Comment by microtonal
12 hours ago
This approach was already done by GoboLinux in 2005. And even GoboLinux was by far not the first - versioned AppDirs existed for a long time before; even perl stow enabled that. NixOS just uses a modified variant e. g. via hashed directory names. But I already adopted a similar scheme as GoboLinux did soon after I switched to Linux in 2005 (well 2004 but mostly 2005 as I was still a big noob in 2004 really).
Nix already existed in 2003. Besides that Nix store directories are more ingenious than versioned application directories (or hashed directories), the hash in the output path is the hash of the normalized derivation used to build the output path (well, in most cases, let's keep it simple). Derivations work similarly (also using hashes). Moreover, since a derivation can contain other derivations as an input, the Nix store represents hash/Merkle trees.
This makes it very powerful, because you can see which parts of the tree need to be rebuilt as a result of one derivation changing.
But with all its pros, the thing I hate by far the most in NixOS is .. nix.
I think it depends on your background. I did some Haskell at some point in my live and I like Nix. It is a very simple, clean, lazy, functional programming language. The primary thing I'm missing is static typing.
I instead opted for a less sophisticated solution in that ruby acts as the ultimate glue to whatever underlying operating system is used. What I would like is a NixOS variant that is simpler to use - and doesn't come with nix. Why can't I use ruby instead?
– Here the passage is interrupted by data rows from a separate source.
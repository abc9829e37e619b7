-- ===== src/Names.antt =====
-- The names of protocols, IP versions and modes: src/protocol.rs, src/ipversion.rs and src/mode.rs.
use netconnpool_rust.Base.{
  ℕ, ◌≡◌, refl, ◌↔◌, true, List, [], ◌∷◌, arith, codes, same_text, to_uppercase,
}
use netconnpool_rust.IpVersion
use netconnpool_rust.IpVersion.{IpVersion, parse_ip_version}
use netconnpool_rust.Mode
use netconnpool_rust.Mode.{PoolMode, parse_pool_mode}
use netconnpool_rust.Protocol
use netconnpool_rust.Protocol.{Protocol, parse_protocol}

same_text-eq : (xs ys : List ℕ) → same_text xs ys ≡ true → xs ≡ ys
same_text-eq [] [] h = refl
same_text-eq [] (y ∷ ys) h = cc
same_text-eq (x ∷ xs) [] h = cc
same_text-eq (x ∷ xs) (y ∷ ys) h = ground (arith, same_text-eq xs ys)

same_text_refl : (xs : List ℕ) → same_text xs xs ≡ true
same_text_refl [] = refl
same_text_refl (x ∷ xs) = ground (arith, same_text_refl xs)

same_text_of_eq : (xs ys : List ℕ) → xs ≡ ys → same_text xs ys ≡ true
same_text_of_eq xs ys e = rw e (same_text_refl ys)

-- Parsing what `to_string` prints gives the value back, for each of the three types.
pub parse-to_string :
    ((p : Protocol) → parse_protocol (codes (Protocol.to_string p)) ≡ p)
    × ((v : IpVersion) → parse_ip_version (codes (IpVersion.to_string v)) ≡ v)
    × ((m : PoolMode) → parse_pool_mode (codes (Mode.to_string m)) ≡ m)
parse-to_string = (of_protocol, of_version, of_mode)
  where
    of_protocol : (p : Protocol) → parse_protocol (codes (Protocol.to_string p)) ≡ p
    of_protocol Protocol.unknown = unfold Protocol.to_string parse_protocol in refl
    of_protocol Protocol.tcp = unfold Protocol.to_string parse_protocol in refl
    of_protocol Protocol.udp = unfold Protocol.to_string parse_protocol in refl

    of_version : (v : IpVersion) → parse_ip_version (codes (IpVersion.to_string v)) ≡ v
    of_version IpVersion.unknown = unfold IpVersion.to_string parse_ip_version in refl
    of_version IpVersion.ipv4 = unfold IpVersion.to_string parse_ip_version in refl
    of_version IpVersion.ipv6 = unfold IpVersion.to_string parse_ip_version in refl

    of_mode : (m : PoolMode) → parse_pool_mode (codes (Mode.to_string m)) ≡ m
    of_mode PoolMode.client = unfold Mode.to_string parse_pool_mode in refl
    of_mode PoolMode.server = unfold Mode.to_string parse_pool_mode in refl

-- A text is parsed to TCP, or to UDP, exactly if its upper-case form is that protocol's name.
parse_protocol_iff :
    (s : List ℕ)
    → ((parse_protocol s ≡ Protocol.tcp) ↔ (to_uppercase s ≡ codes "TCP"))
      × ((parse_protocol s ≡ Protocol.udp) ↔ (to_uppercase s ≡ codes "UDP"))
unfolding parse_protocol
parse_protocol_iff s = (
  (
    (λ h. same_text-eq (to_uppercase s) (codes "TCP") (ground arith)),
    (λ e. ground (arith, same_text_of_eq (to_uppercase s) (codes "TCP") e)),
  ),
  (
    (λ h. same_text-eq (to_uppercase s) (codes "UDP") (ground arith)),
    (λ e. rw (e, parse_protocol) refl),
  ),
)
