-- ===== src/Pool.antt =====
-- src/pool: the connection pool, one module for each group of handlers.
pub mod State
pub mod Remove
pub mod Idle
pub mod Create
pub mod Get
pub mod Cleanup
pub mod Close
pub mod Threads
pub mod Frame
pub mod Bounds
pub mod System
pub mod Dropping
pub mod Sweeping
pub mod Outcomes
pub mod Liveness
pub mod Store
pub mod Map
pub mod Removal
pub mod Emptied
pub mod Buckets
pub mod Creation
pub mod Fitness
pub mod Returning
pub mod Reuse
pub mod Queued
pub mod Progress
pub mod Prewarm
pub mod Probing
pub mod Owners
pub mod Sorting
pub mod Minting
pub mod Accounted
pub mod Bends
pub mod Follows
pub mod Retains
pub mod Settles
pub mod Lending
pub mod Leaks
pub mod Ids
pub mod Insertion
pub mod Drained
pub mod Matching
pub mod Tests
pub mod LeakTests
pub mod CallTests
Because what nixpkgs does is not easily expressible/doable in Ruby. First, the package set is one huge expression in the end. That might seem weird, but it allows for a lot of powerful things like overlays. However, for performance reasons this requires lazy evaluation. Also other powerful abstractions require lazy evaluations (e.g. because there are some infinite recursions in nixpkgs).
Second, the Nix packaging model requires a purity (though this gap was only properly closed with flakes). You have to be able to rely on the fact that evaluating an expression evaluates to the same result. Otherwise a lot of things would break (like substitution from binary caches).
Third, things like overlays rely on fixed points, which can be done easily in a lazy functional language.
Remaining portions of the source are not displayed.